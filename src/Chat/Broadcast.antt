-- ===== src/Chat/Broadcast.antt =====
-- chat_system/cmd/api/main.go: getRoomChunks and broadcastWorker.
pub mod Laws
use system_design_implementa.Prelude.{
  ℕ, Bool, true, false, List, [], ◌∷◌, ◌++◌, Option, none, some, String, str_eq, if◌then◌else◌,
  ◌==◌, length,
}
use system_design_implementa.Chat.Rooms.{Client, Hub}
use Prim.Native.String as Native

pub data Kind : Type 0 where
  join leave msg cmd_join cmd_leave cmd_getrooms : Kind

pub record Message : Type 0 where
  pub client_name : String
  pub kind : Kind
  pub text : String

abbrev pub kind_text : Kind → String
kind_text Kind.join = "JOIN"
kind_text Kind.leave = "LEAVE"
kind_text Kind.msg = "MSG"
kind_text Kind.cmd_join = "CMD_JOIN"
kind_text Kind.cmd_leave = "CMD_LEAVE"
kind_text Kind.cmd_getrooms = "CMD_GETROOMS"

-- The chunk that is being filled, after the chunks that are full.
abbrev pub Chunks : Type 0
Chunks = List (List Client) × List Client

unfoldable pub add_client : String → ℕ → Client → Chunks → Chunks
add_client ignored size c (full, current) =
    if str_eq c.name ignored
    then (full, current)
    else if length (current ++ c ∷ []) == size
    then (full ++ (current ++ c ∷ []) ∷ [], [])
    else (full, current ++ c ∷ [])

unfoldable pub chunk_loop : String → ℕ → Hub → Chunks → Chunks
unfolding add_client
chunk_loop ignored size [] chunks = chunks
chunk_loop ignored size ((key, c) ∷ cs) chunks =
    chunk_loop ignored size cs (add_client ignored size c chunks)

-- The last chunk counts when it is not empty.
unfoldable pub close_chunks : Chunks → List (List Client)
close_chunks (full, []) = full
close_chunks (full, c ∷ cs) = full ++ (c ∷ cs) ∷ []

-- getRoomChunks over the clients of a room, in the order of the list; Go ranges over them in any order.
unfoldable pub room_chunks : Hub → String → ℕ → List (List Client)
unfolding chunk_loop close_chunks
room_chunks clients ignored size = close_chunks (chunk_loop ignored size clients ([], []))

-- What a worker does with a client: it queues a text on the client's channel, or hands the client over
-- to be kicked.
pub data Delivery : Type 0 where
  queued : ℕ → String → Delivery
  kicked : Client → Delivery

-- A send that does not wait: `free` tells which channels have room, and the nil channel has none.
unfoldable pub deliver : (ℕ → Bool) → String → Client → Delivery
deliver free text c = elim (c.channel) [
  | none ↦ kicked c
  | some ch ↦ if free ch then queued ch text else kicked c
]

-- broadcastWorker, when the loop goes on and takes each kick from the channel, which has no buffer;
-- none is the panic of RemoteAddr on a nil connection.
unfoldable pub worker : (ℕ → Bool) → String → String → List Client → Option (List Delivery)
unfolding deliver
worker free text sender [] = some []
worker free text sender (c ∷ cs) =
    let rest = worker free text sender cs in
    elim (c.conn) [
      | none ↦ none
      | some addr ↦ elim rest [
        | none ↦ none
        | some ds ↦ some (if str_eq addr sender then ds else deliver free text c ∷ ds)
      ]
    ]

unfoldable pub broadcast_worker : (ℕ → Bool) → List Client → Message → Option (List Delivery)
unfolding worker
broadcast_worker free clients m =
    worker free (Native.◌++◌ (kind_text m.kind) (Native.◌++◌ ": " m.text)) m.client_name clients

-- broadcastWorker, when the loop takes no more kicks: it ends, panics, or waits for ever at a kick.
pub data WorkerEnd : Type 0 where
  finishes panics waits : WorkerEnd

unfoldable pub unheard_worker : (ℕ → Bool) → String → List Client → WorkerEnd
unfolding deliver
unheard_worker free sender [] = finishes
unheard_worker free sender (c ∷ cs) =
    let rest = unheard_worker free sender cs in
    elim (c.conn) [
      | none ↦ panics
      | some addr ↦
          if str_eq addr sender
          then rest
          else elim (deliver free "" c) [ queued ch text ↦ rest | kicked d ↦ waits ]
    ]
◇ ◇ ◇ ◇
▸ What to do:
All lines from the one with "unheard_worker free sender [] = finishes" through the final line above are to be quoted exactly; quote no other line.

▸ Response:
unheard_worker free sender [] = finishes
unheard_worker free sender (c ∷ cs) =
    let rest = unheard_worker free sender cs in
    elim (c.conn) [
      | none ↦ panics
      | some addr ↦
          if str_eq addr sender
          then rest
          else elim (deliver free "" c) [ queued ch text ↦ rest | kicked d ↦ waits ]
    ]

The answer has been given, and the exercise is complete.